Kebena

Regions with significant populations
- Ethiopia: 450,000

Languages
- Alaba-Kʼabeena

Religion
- mainly Islam

= Kebena people =

Cushitic ethnic group found in Central, Ethiopia Region

The Kebena people (also spelled Qebena) are a Cushitic ethnic group found in the Gurage Zone of Ethiopia. They speak the Kebena dialect of the Alaba-Kʼabeena language, which is a member of the Highland East Cushitic branch of the Cushitic family group. Kebena were marginalized under the Abyssinian state.

==History==

The Kebena people live in the Ethiopia predominantly in Kebena Special Woreda with its seat Welkite.

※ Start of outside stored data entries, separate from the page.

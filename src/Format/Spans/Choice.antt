-- ===== src/Format/Spans/Choice.antt =====
-- The choice of spans as one pass that remembers the last span it took.
use fediway.Prelude.{
  ℕ, ◌≤◌, ◌<◌, ◌≡◌, refl, sym, ◌∙◌, inl, inr, ◌⊎◌, true, false, List, [], ◌∷◌, ◌++◌, append_assoc,
  append-nil, Option, none, some, arith, leb, if◌then◌else◌, Bool-cases, All, All-map, Among,
  All-Among, leb→le,
}
use mathlib.Core.Path.{subst}
use fediway.Prelude.Sort.{sort_by, IsSorted, sort_by-IsSorted, sort_by-All, sort_by-All_inv}
use fediway.Format.Matches.{Span}
use fediway.Format.Spans.{by_place, last_span, is_none_or, non_overlapping, choose_spans}

-- From byte `place` on, each span begins where the one before it has ended.
abbrev pub IsChain : ℕ → List Span → Type 0
IsChain place [] = Unit
IsChain place (s ∷ spans) = (place ≤ s.start) × IsChain s.end spans

-- The span is taken, or it begins inside one that is taken.
abbrev pub IsCovered : List Span → Span → Type 0
IsCovered chosen s =
    (k : Span) × Among k chosen × (k.start ≤ s.start) × ((k ≡ s) ⊎ (s.start < k.end))

-- The spans taken behind the last one.
taken : Option Span → List Span → List Span
taken before [] = []
taken before (s ∷ spans) =
    let free = is_none_or before (λ last. leb last.end s.start) in
    let rest = taken (if free then some s else before) spans in if free then s ∷ rest else rest

last_span-append : (kept : List Span) (s : Span) → last_span (kept ++ s ∷ []) ≡ some s
last_span-append [] s = refl
last_span-append (k ∷ []) s = refl
last_span-append (k ∷ l ∷ kept) s = last_span-append (l ∷ kept) s

non_overlapping-taken :
    (kept spans : List Span) → non_overlapping kept spans ≡ kept ++ taken (last_span kept) spans
unfolding non_overlapping taken
non_overlapping-taken kept [] = rw append-nil refl
non_overlapping-taken kept (s ∷ spans) =
    elim (Bool-cases (is_none_or (last_span kept) (λ last. leb last.end s.start))) [
      | inl e ↦ rw e (
          non_overlapping-taken (kept ++ s ∷ []) spans
          ∙ rw (last_span-append kept s) (append_assoc kept (s ∷ []) (taken (some s) spans)))
      | inr e ↦ rw e (non_overlapping-taken kept spans)
    ]

end_of : Option Span → ℕ
end_of none = 0
end_of (some s) = s.end

taken-IsChain :
    (before : Option Span) (spans : List Span) → IsChain (end_of before) (taken before spans)
unfolding taken end_of
taken-IsChain before [] = tt
taken-IsChain none (s ∷ spans) = (omega arith, taken-IsChain (some s) spans)
taken-IsChain (some l) (s ∷ spans) = elim (Bool-cases (leb l.end s.start)) [
  | inl e ↦ rw e (leb→le l.end s.start e, taken-IsChain (some s) spans)
  | inr e ↦ rw e (taken-IsChain (some l) spans)
]

taken-All {κ} :
    (P : Span → Type κ) (before : Option Span) (spans : List Span)
    → All P spans
    → All P (taken before spans)
unfolding taken
taken-All P before [] h = tt
taken-All P before (s ∷ spans) h =
    elim (Bool-cases (is_none_or before (λ last. leb last.end s.start))) [
      | inl e ↦ rw e (h.0, taken-All P (some s) spans h.1)
      | inr e ↦ rw e (taken-All P before spans h.1)
    ]

IsCovered-cons :
    (l : Span) (chosen : List Span) (s : Span) → IsCovered chosen s → IsCovered (l ∷ chosen) s
IsCovered-cons l chosen s (k, among, below, end) = (k, inr among, below, end)

by_place-start : (s t : Span) → by_place s t ≡ true → s.start ≤ t.start
by_place-start s t h = ground arith

taken_free :
    (l s : Span) (spans : List Span)
    → leb l.end s.start ≡ true
    → taken (some l) (s ∷ spans) ≡ s ∷ taken (some s) spans
unfolding taken
taken_free l s spans h = rw h refl

taken_blocked :
    (l s : Span) (spans : List Span)
    → leb l.end s.start ≡ false
    → taken (some l) (s ∷ spans) ≡ taken (some l) spans
unfolding taken
taken_blocked l s spans h = rw h refl

taken-IsCovered :
    (l : Span) (spans : List Span)
    → All (λ s. l.start ≤ s.start) spans
    → IsSorted by_place spans
    → All (IsCovered (l ∷ taken (some l) spans)) spans
taken-IsCovered l [] h sorted = tt
taken-IsCovered l (s ∷ spans) h sorted = elim (Bool-cases (leb l.end s.start)) [
  | inl e ↦
      let later : All (IsCovered (s ∷ taken (some s) spans)) spans =
        taken-IsCovered s spans (All-map (by_place-start s) spans sorted.0) sorted.1 in
      subst (λ t. All (IsCovered (l ∷ t)) (s ∷ spans)) (sym (taken_free l s spans e))
        (
          (s, inr (inl refl), omega arith, inl refl),
          All-map (IsCovered-cons l (s ∷ taken (some s) spans)) spans later,
        )
  | inr e ↦
      subst (λ t. All (IsCovered (l ∷ t)) (s ∷ spans)) (sym (taken_blocked l s spans e))
        ((l, inl refl, h.0, inr (ground arith)), taken-IsCovered l spans h.1 sorted.1)
]

by_place_total : (s t : Span) → by_place s t ≡ false → by_place t s ≡ true
by_place_total s t h = ground arith

by_place_trans : (s t u : Span) → by_place s t ≡ true → by_place t u ≡ true → by_place s u ≡ true
by_place_trans s t u h k = ground arith

pub choose_spans-All {κ} :
    (P : Span → Type κ) (spans : List Span) → All P spans → All P (choose_spans spans)
unfolding choose_spans
choose_spans-All P spans h =
    rw (non_overlapping-taken [] (sort_by by_place spans))
      (taken-All P none (sort_by by_place spans) (sort_by-All P by_place spans h))

pub choose_spans-IsChain : (spans : List Span) → IsChain 0 (choose_spans spans)
unfolding choose_spans end_of
choose_spans-IsChain spans =
    rw (non_overlapping-taken [] (sort_by by_place spans))
      (taken-IsChain none (sort_by by_place spans))

taken-none-IsCovered :
    (spans : List Span) → IsSorted by_place spans → All (IsCovered (taken none spans)) spans
unfolding taken
taken-none-IsCovered [] sorted = tt
taken-none-IsCovered (s ∷ spans) sorted = (
  (s, inl refl, omega arith, inl refl),
  taken-IsCovered s spans (All-map (by_place-start s) spans sorted.0) sorted.1,
)

-- The spans that are chosen are among the given ones, follow each other without overlap, and every
-- given span is chosen or begins inside one that is.
pub choose_spans-IsCovered :
    (spans : List Span)
    → IsChain 0 (choose_spans spans)
      × All (λ s. Among s spans) (choose_spans spans)
      × All (IsCovered (choose_spans spans)) spans
unfolding choose_spans
choose_spans-IsCovered spans = (
  choose_spans-IsChain spans,
  choose_spans-All (λ s. Among s spans) spans (All-Among spans),
  rw (non_overlapping-taken [] (sort_by by_place spans)) (
      sort_by-All_inv _ by_place spans (
        taken-none-IsCovered (sort_by by_place spans)
          (sort_by-IsSorted by_place by_place_total by_place_trans spans))),
)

They are associated with the 13th century Islamic kingdom of Hadiya and have maintained the designation "Hadiya" to this day Kebena's Garad is mentioned in the fifteenth century Emperor Zara Yaqob chronicle. According to their tradition Kebena originally spoke a Semitic language akin to Silt'e however later shifted to Cushitic Timbaro. In 1815 they split from their closest relatives the Halaba people.

Kebena are also associated with the 19th century state of Kebena or Hadya Womba which became an important commercial and Islamic center in the late 19th to early 20th century . After the fall of the Hadiya kingdom the Kebena people took upon themselves to restore the rule and order in the region under the Islamic sharia which was led by Hassan Enjamo. The Kebena subsist on agriculture. Unlike their southern kinsmen, the Kebena are followers of Islam. Kebena governors of their region were known as Garads, the most notable and last Garad was Hassan Enjamo who led a resistance against Menelik's invasion. The Abyssinian commander Gobana Dacche in the late 19th century is stated to have ravaged the lands of Kebena during his invasion and divided Kebena lands among the Neftenya.

==Demographics==
Based on the 2007 Census conducted by the CSA, the Kebena group has a total population of 34,379, of whom 17,231 are men and 17,148 women; none of the population were urban inhabitants.

==Religion==
The majority of the group were reported as Muslim, with 89.52% of the population reporting that belief, while 8.22% practiced Ethiopian Orthodox Christianity, and 1.91% were Protestants.